A living trust may avoid probate, which could be time consuming depending on the state, says Bourdon. A living trust can afford some privacy because the probate process makes the will a public document.
A living trust is more expensive to set up than a testamentary trust, but without a trust or will, if beneficiaries of a life insurance policy are under 18 years old, for example, the estate will have to go through probate. The cost to probate the estate can be a few thousand dollars, says Meyring. Regardless of probate, a court-ordered "constructive trust" for life insurance proceeds to a minor would have to be set up, which can cost a few thousand dollars. Planning for these events in your estate plan can help minimize costs.
Having a living will and power of attorney designates a person to handle health care and financial decisions when you’re no longer able to.

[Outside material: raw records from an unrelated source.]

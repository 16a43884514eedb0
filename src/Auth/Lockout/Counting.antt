-- ===== src/Auth/Lockout/Counting.antt =====
-- How failures add up to a lock.
use lite_mcp.Base.{ℕ, ◌+◌, ◌<◌, ◌≤◌, ◌≡◌, some, none, List, [], ◌∷◌, All, length, arith}
use mathlib.Core.Path.{subst}
use lite_mcp.Platform.Time.{aware, seconds}
use lite_mcp.Config.{Settings}
use lite_mcp.Db.User.{User}
use lite_mcp.Db.Users.{Users}
use lite_mcp.Auth.Lockout.{fail_attempt, record_login_failure, lock_user}

-- The failures at the given times, one after the other.
abbrev pub fail_all : Settings → List ℕ → User → User
fail_all settings [] u = u
fail_all settings (t ∷ ts) u = fail_all settings ts (fail_attempt settings t u)

abbrev pub last : ℕ → List ℕ → ℕ
last t [] = t
last t (t' ∷ ts) = last t' ts

module _ (settings : Settings) (t₀ : ℕ) where
  abbrev pub IsInside : ℕ → Type 0
  IsInside t = t < t₀ + seconds settings.admin_login_failure_window_seconds

  -- What a row says of `n` failures, the last at `t`, in the window that began at `t₀`.
  pub record Counted (u : User) (n t : ℕ) (v : User) : Type 0 where
    pub count : v.failed_login_count ≡ n
    pub window : v.failed_login_window_started_at ≡ some (aware t₀)
    pub locks : settings.admin_login_failure_threshold ≤ n → v.status ≡ "locked"
    pub until :
        settings.admin_login_failure_threshold ≤ n
        → v.locked_until ≡ some (aware (t + seconds settings.admin_lock_seconds))
    pub keeps_status : n < settings.admin_login_failure_threshold → v.status ≡ u.status
    pub keeps_until : n < settings.admin_login_failure_threshold → v.locked_until ≡ u.locked_until

  Counted-first :
      (u : User)
      → u.failed_login_window_started_at ≡ none
      → Counted u 1 t₀ (fail_attempt settings t₀ u)
  unfolding fail_attempt
  Counted-first u h = ground arith

  Counted-next :
      (u v : User) (n t t' : ℕ)
      → Counted u n t v
      → IsInside t'
      → Counted u (n + 1) t' (fail_attempt settings t' v)
  unfolding fail_attempt
  Counted-next u v n t t' c h = ground arith

  Counted-All :
      (u v : User) (n t : ℕ) (ts : List ℕ)
      → Counted u n t v
      → All IsInside ts
      → Counted u (n + length ts) (last t ts) (fail_all settings ts v)
  Counted-All u v n t [] c h = subst (λ k. Counted u k t v) (omega arith) c
  Counted-All u v n t (t' ∷ ts) c (h, hs) =
      subst (λ k. Counted u k (last t' ts) (fail_all settings ts (fail_attempt settings t' v)))
        (omega arith)
        (Counted-All u (fail_attempt settings t' v) (n + 1) t' ts (Counted-next u v n t t' c h) hs)

id-fail : (settings : Settings) (t : ℕ) (u : User) → (fail_attempt settings t u).id ≡ u.id
unfolding fail_attempt
id-fail settings t u = ground arith

module _ (D : Users) where
  open D use {State, get_user, save_user, get-save, id-get}

  -- `record_login_failure` at each of the times, each call in a transaction of its own.
  abbrev pub record_all : Settings → ℕ → List ℕ → State → State
  record_all settings i [] s = s
  record_all settings i (t ∷ ts) s =
      record_all settings i ts (record_login_failure D settings i t s).1

  pub record_one :
      (settings : Settings) (i t : ℕ) (s : State) (u : User)
      → get_user s i ≡ some u
      → get_user (record_login_failure D settings i t s).1 i ≡ some (fail_attempt settings t u)
  unfolding record_login_failure
  record_one settings i t s u e =
      rw (e, lock_user)
        (ground
          (arith, id-get s i u e, get-save s (fail_attempt settings t u) i, id-fail settings t u))

  record_all-fail_all :
      (settings : Settings) (i : ℕ) (ts : List ℕ) (s : State) (u : User)
      → get_user s i ≡ some u
      → get_user (record_all settings i ts s) i ≡ some (fail_all settings ts u)
  record_all-fail_all settings i [] s u e = e
  record_all-fail_all settings i (t ∷ ts) s u e =
      record_all-fail_all settings i ts _ _ (record_one settings i t s u e)

  -- Failures of an account whose window is clear, the first at `t` and the others less than the
  -- observation window after it: the row counts each of them, is locked until the lock time after
  -- the last one once their number has reached the threshold, and before that keeps its status and
  -- its lock time.
  pub failures_lock :
      (settings : Settings) (i t : ℕ) (ts : List ℕ) (s : State) (u : User)
      → get_user s i ≡ some u
      → u.failed_login_window_started_at ≡ none
      → All (IsInside settings t) ts
      → (v : User) × (get_user (record_all settings i (t ∷ ts) s) i ≡ some v)
        × Counted settings t u (length (t ∷ ts)) (last t ts) v
  failures_lock settings i t ts s u e h inside = (
    fail_all settings (t ∷ ts) u,
    record_all-fail_all settings i (t ∷ ts) s u e,
    subst (λ k. Counted settings t u k (last t ts) (fail_all settings (t ∷ ts) u)) (omega arith)
        (Counted-All settings t u _ 1 t ts (Counted-first settings t u h) inside),
  )
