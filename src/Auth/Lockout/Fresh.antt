-- ===== src/Auth/Lockout/Fresh.antt =====
-- A success forgets the failures before it.
use lite_mcp.Base.{ℕ, ◌≡◌, refl, some, none, List, ◌∷◌, All, length, arith}
use lite_mcp.Config.{Settings}
use lite_mcp.Db.User.{User}
use lite_mcp.Db.Users.{Users}
use lite_mcp.Auth.Lockout.{clear_lockout_state, record_login_success, lock_user}
use lite_mcp.Auth.Lockout.Counting.{IsInside, Counted, record_all, last, failures_lock}

id-clear : (u : User) → (clear_lockout_state u).id ≡ u.id
unfolding clear_lockout_state
id-clear u = refl

window-clear : (u : User) → (clear_lockout_state u).failed_login_window_started_at ≡ none
unfolding clear_lockout_state
window-clear u = refl

module _ (D : Users) where
  open D use {State, get_user, get-save, id-get}

  stored :
      (i : ℕ) (s : State) (u : User)
      → get_user s i ≡ some u
      → get_user (record_login_success D i s).1 i ≡ some (clear_lockout_state u)
  unfolding record_login_success
  stored i s u e =
      rw (e, lock_user)
        (ground (arith, get-save s (clear_lockout_state u) i, id-clear u, id-get s i u e))

  -- After a success the failures before it no longer count: failures at the given times, the first
  -- of them and the others less than the observation window behind it, are counted from one, lock
  -- the account once they alone reach the threshold, and before that leave it active without a lock.
  failures_after_success :
      (settings : Settings) (i t : ℕ) (ts : List ℕ) (s : State) (u : User)
      → get_user s i ≡ some u
      → All (IsInside settings t) ts
      → (v : User) × (get_user (record_all D settings i (t ∷ ts) (record_login_success D i s).1) i
          ≡ some v)
        × Counted settings t (clear_lockout_state u) (length (t ∷ ts)) (last t ts) v
  failures_after_success settings i t ts s u e inside =
      failures_lock D settings i t ts (record_login_success D i s).1 (clear_lockout_state u)
        (stored i s u e) (window-clear u) inside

Advanced medical directive or living will. This document designates who can make health care decisions for you. These decisions include whether you’d like medical care and how much and when you want to be taken off life support, as well as autopsy, cremation and organ donation choices.
“If you don’t have a medical directive, your relatives will have to make these decisions for you—whether to keep you alive and where, how and if you’ll be buried,” says Kessler.
Once you have medical directives in place, Bourdon suggests providing copies to anyone named in the document.
Durable financial power of attorney. With this document, you can establish who would be able to write checks, manage property and take control of your finances if you’re unable to.
“The only thing they cannot do is write a will or establish a trust,” says Meyring. Since this is a contingency document, the person who signs this must give the other person permission to manage their finances.
Durable means that it will withstand a mental incapacity, says Michel. If this was signed when you’ve no mental or physical issues, it’ll still be effective and legal if you become incapacitated.
An estate plan should have a list of assets and account numbers to help the executor administer your estate.
“It used to be the survivor found out about the accounts by going through the mailbox, but this becomes difficult with electronic statements,” says Bourdon.
Since medical records aren’t released to a spouse, signing a HIPPA form will help make changing physicians or dentists easier if you’ve a guardianship or aren’t physically able to get around.
“The release is a document that you would sign that would allow the hospital and doctors to release your medical records,” says Michel.
The HIPAA release will also cut through a lot of red tape if the cause of death was in dispute.